Community

None of this works without binding a human to an account. And that CANNOT be done without determining if the person who is holding the credential or access device (phone, card, hardware key, etc.) is determined to both present at the time and - wait for it - alive. Liveness checks verify first if there is a real human asking for access, and then can make a match determination to make sure it is the legitimate human. Effective biometrics with liveness and matching ACTUALLY exist and have been successfully in operation for many years across the globe. 

Major note: Digital access is already pervasive and will only continue to gain users on every continent. As the value of access climbs, digital identity needs to be treated as THE critical component of access management, whether physical or virtual. If you cannot have an exceptionally high confidence that the person requesting access is not the legitimate account holder, the rest of what happens in a login process is still wide open to fraud, regardless of the cryptographic defenses in place. The wrong person can easily be operating a phone that will check out as legit. It happens all the time, and is responsible for nearly 85% of all ID problems.

This subject needs to be elevated to the top of the agenda and considered critical to the finance/banking biz, or these problems will not only persist, they will continue to grow - as they have for the past 10-plus years. Just check the latest reports from, for example, the Identity Theft Resource Center (ITRC - https://www.idtheftcenter.org/). The extent of this problem is much more troubling than you might think.

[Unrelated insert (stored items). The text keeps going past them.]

-- ===== src/Tree/Remove.antt =====
-- src/node.rs: the critical sections of `Tree::remove`.
pub mod Linear
pub mod Collapse
pub mod Collapsed
pub mod Loan
pub mod Merge
pub mod Parent
pub mod Siblings
pub mod Lent
pub mod Survivor
pub mod Rebalance
pub mod Attempt
mod Tests
use b_link.Prelude.{
  ℕ, suc, zero, ◌+◌, ◌-◌, ◌/◌, Bool, true, false, not, ◌&&◌, ◌||◌, Option, none, some, List, [],
  ◌∷◌, ltb, leb, ◌==◌, if◌then◌else◌, length, Run, ok, panic, undefined, ◌>>=◌, ◌>>◌, assert,
}
use b_link.Ord.{Ord}
use b_link.Array.Bounded
use b_link.Node.{
  Addr, Entry, InternalNode, LeafNode, NodeKind, internal, leaf, redirect, Node, MergeRepair, Route,
  restart, to_right, here, is_redirect, occupancy, minimum, route,
}
use b_link.Node.Search.{child_index}
use b_link.Node.Leaf
use b_link.Node.Leaf.{SearchResult, found, absent}
use b_link.Node.Rebalance.{borrow_from_left, borrow_from_right, merge_left_into_right}
use b_link.Tree.{Tree, load, store}

pub data FastRemove (V : Type 0) : Type 0 where
  done : Option V → FastRemove V
  structural : FastRemove V

-- How a round of the loop of `remove_attempt` ends: with a `RemoveAttempt`, or at the next page,
-- with the link that is to be repaired first.
pub data RemoveRound (V : Type 0) : Type 0 where
  finished : Option V → RemoveRound V
  retry : RemoveRound V
  descend : (target : Addr) → (repair : Option MergeRepair) → RemoveRound V

-- Which of the two `try_write_node` calls got their latch.
pub record Latches : Type 0 where
  pub first : Bool
  pub second : Bool

module _ {K V : Type 0} ⦃o : Ord K⦄ where
  -- `decrement_len`, with its `debug_assert!`, after the record at `index` is removed.
  unfoldable pub remove_record :
      Tree K V → Addr → Node K V → LeafNode K V → (index : ℕ) → Run (Tree K V × Option V)
  unfolding Bounded.remove
  remove_record t a node contents index = do
    (entry, entries) ← Bounded.remove contents.entries index
    assert (ltb 0 t.len)
    let t' = store t a (record node { kind = leaf (record { entries = entries }) })
    ok (record t' { len = t.len - 1 }, some entry.value)

  fast_at :
      ℕ → Tree K V → Addr → Node K V → LeafNode K V → SearchResult → Run (Tree K V × FastRemove V)
  fast_at n t a node contents (absent index) = ok (t, done none)
  fast_at n t a node contents (found index) =
      if not node.is_root && leb (length contents.entries) (n / 2)
      then ok (t, structural)
      else (do (t, removed) ← remove_record t a node contents index; ok (t, done removed))

  -- The rest of `try_remove_without_rebalance`, once `leaf_write_for` has latched the leaf `a`.
  unfoldable pub try_remove_without_rebalance :
      ℕ → Tree K V → Addr → Node K V → LeafNode K V → K → Run (Tree K V × FastRemove V)
  unfolding fast_at Leaf.search remove_record
  try_remove_without_rebalance n t a node contents key =
      fast_at n t a node contents (Leaf.search contents key)

  -- The pair of children that `remove_attempt` latches from left to right, and what it does there:
  -- the child in need of a record borrows from its sibling or is merged with it.
  unfoldable pub rebalance :
      ℕ
      → Tree K V
      → Addr
      → Node K V
      → InternalNode K
      → (left_index : ℕ) → (left_ref : Addr) → Node K V
      → (right_ref : Addr) → Node K V
      → (child_is_left : Bool) → Run (Tree K V × RemoveRound V)
  rebalance n t a node contents left_index left_ref left right_ref right false =
      if leb (occupancy right.kind) (minimum n right.kind)
      then (if ltb (minimum n left.kind) (occupancy left.kind)
          then (do
            (contents, left, right) ← borrow_from_left n contents left_index left right
            let t' = store (store t left_ref left) right_ref right
            ok (store t' a (record node { kind = internal contents }), descend right_ref none))
          else (do
            (contents, left, right, repair) ←
                merge_left_into_right n contents left_index left_ref left right_ref right
            let t' = store (store t left_ref left) right_ref right
            ok (
              store t' a (record node { kind = internal contents }),
              descend right_ref (some repair),
            )))
      else ok (t, descend right_ref none)
  rebalance n t a node contents left_index left_ref left right_ref right true =
      if leb (occupancy left.kind) (minimum n left.kind)
      then (if ltb (minimum n right.kind) (occupancy right.kind)
          then (do
            (contents, left, right) ← borrow_from_right n contents left_index left right
            let t' = store (store t left_ref left) right_ref right
            ok (store t' a (record node { kind = internal contents }), descend left_ref none))
          else (do
            (contents, left, right, repair) ←
                merge_left_into_right n contents left_index left_ref left right_ref right
            let t' = store (store t left_ref left) right_ref right
            ok (
              store t' a (record node { kind = internal contents }),
              descend right_ref (some repair),
            )))
      else ok (t, descend left_ref none)

  -- The child at `left_index`, or the one at its right, and the sibling that it is paired with.
  unfoldable pub remove_pair :
      ℕ
      → Tree K V
      → Latches
      → Addr
      → Node K V
      → InternalNode K
      → (left_index : ℕ) → (child_is_left : Bool) → Run (Tree K V × RemoveRound V)
  remove_pair n t latches a node contents left_index child_is_left = do
    left_ref ← Bounded.index contents.children left_index
    right_ref ← Bounded.index contents.children (left_index + 1)
    left ← load t left_ref
    right ← load t right_ref
    if not (latches.first && latches.second) || (is_redirect left.kind || is_redirect right.kind)
        then ok (t, retry)
        else rebalance n t a node contents left_index left_ref left right_ref right child_is_left

  unfoldable pub remove_child :
      ℕ
      → Tree K V
      → Latches
      → Addr
      → Node K V
      → InternalNode K
      → (child_index : ℕ) → Run (Tree K V × RemoveRound V)
  remove_child n t latches a node contents (suc i) = remove_pair n t latches a node contents i false
  remove_child n t latches a node contents zero =
      if ltb (length contents.children) 2
      then ok (t, retry)
      else remove_pair n t latches a node contents 0 true

  unfoldable pub remove_at :
      Tree K V → Addr → Node K V → LeafNode K V → SearchResult → Run (Tree K V × RemoveRound V)
  remove_at t a node contents (absent index) = ok (t, finished none)
  remove_at t a node contents (found index) = do
    (t, removed) ← remove_record t a node contents index
    ok (t, finished removed)

  unfoldable pub attempt_kind :
      ℕ → Tree K V → Latches → Addr → Node K V → NodeKind K V → K → Run (Tree K V × RemoveRound V)
  attempt_kind n t latches a node (leaf contents) key =
      remove_at t a node contents (Leaf.search contents key)
  attempt_kind n t latches a node (internal contents) key = do
    i ← child_index contents key
    remove_child n t latches a node contents i
  attempt_kind n t latches a node (redirect target) key = panic

  unfoldable pub attempt_route :
      ℕ → Tree K V → Latches → Addr → Node K V → K → Route → Run (Tree K V × RemoveRound V)
  attempt_route n t latches a node key restart = ok (t, retry)
  attempt_route n t latches a node key (to_right next) = ok (t, descend next none)
  attempt_route n t latches a node key here =
      if not node.is_root && leb (occupancy node.kind) (minimum n node.kind)
      then ok (t, retry)
      else attempt_kind n t latches a node node.kind key

  -- One round of the loop of `remove_attempt`, at the page `a`.
  unfoldable pub remove_attempt : ℕ → Tree K V → Latches → Addr → K → Run (Tree K V × RemoveRound V)
  unfolding attempt_route attempt_kind remove_at remove_child remove_pair rebalance remove_record
      route occupancy minimum child_index Leaf.search borrow_from_left borrow_from_right
      merge_left_into_right Bounded.index
  remove_attempt n t latches a key = do
    node ← load t a
    r ← route node key
    attempt_route n t latches a node key r

module _ {K V : Type 0} where
  collapse_into : Tree K V → Node K V → Addr → Run (Tree K V × Bool)
  collapse_into t root child = do
    node ← load t child
    let promoted : Node K V = record node {
      low_key = none;
      high_key = none;
      previous = none;
      right = none;
      is_root = true;
    }
    let retired : Node K V = record {
      is_root = false;
      kind = redirect child;
      low_key = none;
      high_key = none;
      previous = none;
      right = none;
    }
    ok (record (store (store t child promoted) t.root retired) { root = child }, true)

  collapse_kind : Tree K V → Node K V → NodeKind K V → Run (Tree K V × Bool)
  collapse_kind t root (internal contents) =
      if length contents.keys == 0
      then (do
        assert (length contents.children == 1)
        child ← Bounded.index contents.children 0
        collapse_into t root child)
      else ok (t, false)
  collapse_kind t root (redirect target) = collapse_into t root target
  collapse_kind t root (leaf contents) = ok (t, false)

  -- One round of `shrink_root`, under the latches of the root slot, the root and its only child:
  -- the new state, and whether the loop goes on.
  unfoldable pub shrink_root : Tree K V → Run (Tree K V × Bool)
  unfolding collapse_kind collapse_into Bounded.index
  shrink_root t = do root ← load t t.root; collapse_kind t root root.kind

@Hamish Monk, you are welcome to contact me for a cold-shower report on the state of things in digital ID.

That 18 months should be focused putting teeth into requirements for performance verifications, particulary claims of liveness detection, the only technology that seems to provide a robust defence. Maybe it's time to mandate tested/certified liveness. If a vendor can't transparently meet this important security threshold, they should be forced back to the drawing board. On their own, most vendors will spend more time spinning their messages than innovating and fixing problems.

SCA itself is not necessarily complex. But, it is ill-informed. Because of that, slowing down the requirement is a good idea. There are two reasons for its lack of understanding. The first is governments are relying on vendors ("experts") to provide the foundation of understanding about how it works. Now, they may not have many other sources to edify them, but this is fundamentally flawed. Which brings up the second reason for the befuddlement: the vendors themselves. They are largely not equipped to deliver, so promote the way they do things today to fit into a model that requires something far more effective. For example, a two-step requirement is just as dangerous as a single step of either step - itself - is not secure. All it does is increase the attack surface, giving bad actors more choices.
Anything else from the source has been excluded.